> [About this task]:
Reproduce the opening lines of the records exactly, please, stopping after the line that contains "fields_loop-AreBytes next (k".

> [Material provided]:
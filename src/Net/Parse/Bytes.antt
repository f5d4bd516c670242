-- ===== src/Net/Parse/Bytes.antt =====
-- The bytes that ParseIP returns.
use openconnect_ubuntu_touch.Common.{
  ℕ, zero, suc, ◌+◌, ◌-◌, ◌*◌, ◌/◌, ◌%◌, ◌≤◌, ◌<◌, ◌≡◌, refl, sym, subst, ◌∙◌, inl, inr, Bool, true,
  false, ◌&&◌, ◌||◌, Option, none, some, List, [], ◌∷◌, ◌++◌, ltb, ◌==◌, if◌then◌else◌, length,
  take, drop, replicate, arith, Bool-cases, Option-cases, All, All-append,
}
use openconnect_ubuntu_touch.Common.Text.{Text}
use openconnect_ubuntu_touch.Net.Ip.{Ip4, IsIp4}
use openconnect_ubuntu_touch.Net.Parse.{mapped, dispatch, parse_ip, to4}
use openconnect_ubuntu_touch.Net.Parse.V6.{
  hex_digit, hex_group, Groups, after_group, groups_loop, parse_group, proceed, ip4_tail, add_chunk,
  expand, from_groups, parse_ip6, starts_with_dot,
}
use openconnect_ubuntu_touch.Net.Parse.V6.Fields.{fields_loop, parse_ip4_fields}

abbrev pub AreBytes : List ℕ → Type 0
AreBytes = All (λ v. v < 256)

fields_loop-AreBytes :
    (val k : ℕ) (done bs : List ℕ) (s : Text)
    → val < 256
    → AreBytes done
    → fields_loop val k done s ≡ some bs
    → AreBytes bs
unfolding fields_loop
fields_loop-AreBytes val k done bs [] hv hd e =
    let all : AreBytes (done ++ val ∷ []) = All-append (λ v. v < 256) done (val ∷ []) hd (hv, tt) in
    elim (Bool-cases (ltb (length done) 3)) [
      | inl short ↦ cc
      | inr long ↦ let same : done ++ val ∷ [] ≡ bs = ground arith in subst AreBytes same all
    ]
fields_loop-AreBytes val k done bs (c ∷ s) hv hd e =
    let next = val * 10 + (c - b'0') in
    let all : AreBytes (done ++ val ∷ []) = All-append (λ v. v < 256) done (val ∷ []) hd (hv, tt) in
    ground (
      arith,
      fields_loop-AreBytes next (k + 1) done bs s,
      fields_loop-AreBytes 0 0 (done ++ val ∷ []) bs s (omega arith) all,
    )

parse_ip4_fields-AreBytes : (s : Text) (bs : List ℕ) → parse_ip4_fields s ≡ some bs → AreBytes bs
unfolding parse_ip4_fields
parse_ip4_fields-AreBytes s bs e = fields_loop-AreBytes 0 0 [] bs s (omega arith) tt e

hex_group-le :
    (off acc : ℕ) (s : Text) (k n : ℕ) (rest : Text)
    → acc ≤ 65535
    → hex_group off acc s ≡ some (k, n, rest)
    → n ≤ 65535
unfolding hex_group
hex_group-le off acc [] k n rest h e = ground arith
hex_group-le off acc (c ∷ s) k n rest h e = elim (Option-cases (hex_digit c)) [
  | inl stop ↦ ground (arith, stop)
  | inr (d, more) ↦ elim (Bool-cases (ltb 3 off || ltb 65535 (acc * 16 + d))) [
    | inl refused ↦ absurd (ground (arith, more, refused))
    | inr taken ↦
        hex_group-le (off + 1) (acc * 16 + d) s k n rest (ground (arith, taken))
          (ground (arith, more, taken))
  ]
]

after_group-out :
    (g g' : Groups) (s : Text) (more : Bool) → after_group g s ≡ some (g', more) → g'.out ≡ g.out
unfolding after_group
after_group-out g g' [] more e = ground arith
after_group-out g g' (c ∷ []) more e = cc
after_group-out g g' (c ∷ d ∷ s) more e = ground arith

ip4_tail-AreBytes : (g g' : Groups) → AreBytes g.out → ip4_tail g ≡ some g' → AreBytes g'.out
unfolding ip4_tail
ip4_tail-AreBytes g g' h e = elim (Option-cases (parse_ip4_fields g.rest)) [
  | inl bad ↦ ground (arith, bad)
  | inr (four, good) ↦
      let all =
        All-append (λ v. v < 256) g.out four h (parse_ip4_fields-AreBytes g.rest four good) in
      let same : g.out ++ four ≡ g'.out = ground (arith, good) in subst AreBytes same all
]

-- The rest of the loop keeps to bytes.
abbrev Keeps : (Groups → Option Groups) → Type 0
Keeps next = (g g' : Groups) → AreBytes g.out → next g ≡ some g' → AreBytes g'.out

proceed-AreBytes :
    (o : Option (Groups × Bool)) (next : Groups → Option Groups) (g' : Groups)
    → Keeps next
    → ((g : Groups) (more : Bool) → o ≡ some (g, more) → AreBytes g.out)
    → proceed o next ≡ some g'
    → AreBytes g'.out
unfolding proceed
proceed-AreBytes none next g' keeps all e = cc
proceed-AreBytes (some (g, false)) next g' keeps all e =
    let same : g.out ≡ g'.out = ground arith in subst AreBytes same (all g false refl)
proceed-AreBytes (some (g, true)) next g' keeps all e = keeps g g' (all g true refl) e

parse_group-AreBytes :
    (g g' : Groups) (o : Option (ℕ × ℕ × Text)) (next : Groups → Option Groups)
    → AreBytes g.out
    → ((k n : ℕ) (rest : Text) → o ≡ some (k, n, rest) → n ≤ 65535)
    → Keeps next
    → parse_group g o next ≡ some g'
    → AreBytes g'.out
unfolding parse_group
parse_group-AreBytes g g' none next h small keeps e = cc
parse_group-AreBytes g g' (some (k, n, behind)) next h small keeps e =
    let fits = small k n behind refl in
    let chunk : AreBytes (g.out ++ n / 256 ∷ (n % 256) ∷ []) =
      All-append (λ v. v < 256) g.out (n / 256 ∷ (n % 256) ∷ []) h
        (omega arith, (omega arith, tt)) in
    elim (Bool-cases (k == 0)) [
      | inl empty ↦ ground arith
      | inr digits ↦ elim (Bool-cases (starts_with_dot behind)) [
        | inl dot ↦ ip4_tail-AreBytes g g' h (sym (rw (digits, dot) refl) ∙ e)
        | inr plain ↦
            proceed-AreBytes (after_group (add_chunk g n) behind) next g' keeps
              (λ t more f.
                subst AreBytes (sym (after_group-out (add_chunk g n) t behind more f)) chunk)
              (sym (rw (digits, plain) refl) ∙ e)
      ]
    ]

groups_loop-AreBytes :
    (r : ℕ) (g g' : Groups) → AreBytes g.out → groups_loop r g ≡ some g' → AreBytes g'.out
unfolding groups_loop
groups_loop-AreBytes zero g g' h e =
    let same : g.out ≡ g'.out = ground arith in subst AreBytes same h
groups_loop-AreBytes (suc r) g g' h e =
    parse_group-AreBytes g g' (hex_group 0 0 g.rest) (groups_loop r) h
      (λ k n rest t. hex_group-le 0 0 g.rest k n rest (omega arith) t) (groups_loop-AreBytes r) e

AreBytes-take : (n : ℕ) (bs : List ℕ) → AreBytes bs → AreBytes (take n bs)
AreBytes-take zero bs h = tt
AreBytes-take (suc n) [] h = tt
AreBytes-take (suc n) (b ∷ bs) (hb, hs) = (hb, AreBytes-take n bs hs)

AreBytes-drop : (n : ℕ) (bs : List ℕ) → AreBytes bs → AreBytes (drop n bs)
AreBytes-drop zero bs h = h
AreBytes-drop (suc n) [] h = tt
AreBytes-drop (suc n) (b ∷ bs) (hb, hs) = AreBytes-drop n bs hs

AreBytes-zeros : (n : ℕ) → AreBytes (replicate n 0)
AreBytes-zeros zero = tt
AreBytes-zeros (suc n) = (omega arith, AreBytes-zeros n)

expand-AreBytes : (g : Groups) (bs : List ℕ) → AreBytes g.out → expand g ≡ some bs → AreBytes bs
unfolding expand
expand-AreBytes g bs h e = elim (Option-cases g.ellipsis) [
  | inl plain ↦ let same : g.out ≡ bs = ground (arith, plain) in subst AreBytes same h
  | inr (k, dots) ↦
      let same : take k g.out ++ replicate (16 - length g.out) 0 ++ drop k g.out ≡ bs =
        ground (arith, dots) in
      subst AreBytes same (
        All-append (λ v. v < 256) (take k g.out ++ replicate (16 - length g.out) 0) (drop k g.out)
          (All-append (λ v. v < 256) (take k g.out) (replicate (16 - length g.out) 0)
            (AreBytes-take k g.out h) (AreBytes-zeros (16 - length g.out)))
          (AreBytes-drop k g.out h))
]

from_groups-AreBytes :
    (g : Groups) (bs : List ℕ) → AreBytes g.out → from_groups g ≡ some bs → AreBytes bs
unfolding from_groups
from_groups-AreBytes g bs h e = elim (Option-cases (groups_loop 8 g)) [
  | inl bad ↦ ground (arith, bad)
  | inr (g', good) ↦
      expand-AreBytes g' bs (groups_loop-AreBytes 8 g g' h good)
        (sym (rw (good, from_groups) refl) ∙ e)
]

parse_ip6-AreBytes : (s : Text) (bs : List ℕ) → parse_ip6 s ≡ some bs → AreBytes bs
unfolding parse_ip6
parse_ip6-AreBytes s bs e = ground (
  arith,
  AreBytes-zeros 16,
  from_groups-AreBytes (record { out = []; ellipsis = some 0; rest = drop 2 s }) bs tt,
  from_groups-AreBytes (record { out = []; ellipsis = none; rest = s }) bs tt,
)

mapped-AreBytes : (four : List ℕ) → AreBytes four → AreBytes (mapped four)
mapped-AreBytes four h = ground arith

dispatch-AreBytes : (whole s : Text) (bs : List ℕ) → dispatch whole s ≡ some bs → AreBytes bs
unfolding dispatch
dispatch-AreBytes whole [] bs e = cc
dispatch-AreBytes whole (c ∷ s) bs e = elim (Bool-cases (c == b'.')) [
  | inl dot ↦ elim (Option-cases (parse_ip4_fields whole)) [
    | inl bad ↦ absurd (ground (arith, dot, bad))
    | inr (four, good) ↦
        let same : mapped four ≡ bs = ground (arith, dot, good) in
        subst AreBytes same (mapped-AreBytes four (parse_ip4_fields-AreBytes whole four good))
  ]
  | inr other ↦ ground (arith, parse_ip6-AreBytes whole bs, dispatch-AreBytes whole s bs)
]

four_bytes : (bs : List ℕ) (a : Ip4) → AreBytes bs → to4 bs ≡ some a → IsIp4 a
unfolding to4
four_bytes (z0 ∷ z1 ∷ z2 ∷ z3 ∷ z4 ∷ z5 ∷ z6 ∷ z7 ∷ z8 ∷ z9 ∷ f0 ∷ f1 ∷ p ∷ q ∷ r ∷ s ∷ []) a h e =
    let test =
      z0 == 0
      && z1 == 0
      && z2 == 0
      && z3 == 0
      && z4 == 0
      && z5 == 0
      && z6 == 0
      && z7 == 0
      && z8 == 0
      && z9 == 0
      && f0 == 255
      && f1 == 255 in
    mapped_case test e h.1.1.1.1.1.1.1.1.1.1.1.1
  where
    mapped_case :
        (t : Bool)
        → (if t then some (record { b0 = p; b1 = q; b2 = r; b3 = s }) else none) ≡ some a
        → AreBytes (p ∷ q ∷ r ∷ s ∷ [])
        → IsIp4 a
    mapped_case true f bytes = ground arith
    mapped_case false f bytes = cc
four_bytes _ a h e = cc

-- An address that ParseIP and To4 give is four bytes.
pub to4-IsIp4 :
    (s : Text) (bs : List ℕ) (a : Ip4) → parse_ip s ≡ some bs → to4 bs ≡ some a → IsIp4 a
unfolding parse_ip
to4-IsIp4 s bs a e f = four_bytes bs a (dispatch-AreBytes s s bs e) f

> [Solved exercise]:
filename src/Net/Parse/Bytes.antt
repository f5d4bd516c670242
-- ===== src/Net/Parse/Bytes.antt =====
-- The bytes that ParseIP returns.
use openconnect_ubuntu_touch.Common.{
  ℕ, zero, suc, ◌+◌, ◌-◌, ◌*◌, ◌/◌, ◌%◌, ◌≤◌, ◌<◌, ◌≡◌, refl, sym, subst, ◌∙◌, inl, inr, Bool, true,
  false, ◌&&◌, ◌||◌, Option, none, some, List, [], ◌∷◌, ◌++◌, ltb, ◌==◌, if◌then◌else◌, length,
  take, drop, replicate, arith, Bool-cases, Option-cases, All, All-append,
}
use openconnect_ubuntu_touch.Common.Text.{Text}
use openconnect_ubuntu_touch.Net.Ip.{Ip4, IsIp4}
use openconnect_ubuntu_touch.Net.Parse.{mapped, dispatch, parse_ip, to4}
use openconnect_ubuntu_touch.Net.Parse.V6.{
  hex_digit, hex_group, Groups, after_group, groups_loop, parse_group, proceed, ip4_tail, add_chunk,
  expand, from_groups, parse_ip6, starts_with_dot,
}
use openconnect_ubuntu_touch.Net.Parse.V6.Fields.{fields_loop, parse_ip4_fields}

abbrev pub AreBytes : List ℕ → Type 0
AreBytes = All (λ v. v < 256)

fields_loop-AreBytes :
    (val k : ℕ) (done bs : List ℕ) (s : Text)
    → val < 256
    → AreBytes done
    → fields_loop val k done s ≡ some bs
    → AreBytes bs
unfolding fields_loop
fields_loop-AreBytes val k done bs [] hv hd e =
    let all : AreBytes (done ++ val ∷ []) = All-append (λ v. v < 256) done (val ∷ []) hd (hv, tt) in
    elim (Bool-cases (ltb (length done) 3)) [
      | inl short ↦ cc
      | inr long ↦ let same : done ++ val ∷ [] ≡ bs = ground arith in subst AreBytes same all
    ]
fields_loop-AreBytes val k done bs (c ∷ s) hv hd e =
    let next = val * 10 + (c - b'0') in
    let all : AreBytes (done ++ val ∷ []) = All-append (λ v. v < 256) done (val ∷ []) hd (hv, tt) in
    ground (
      arith,
      fields_loop-AreBytes next (k + 1) done bs s,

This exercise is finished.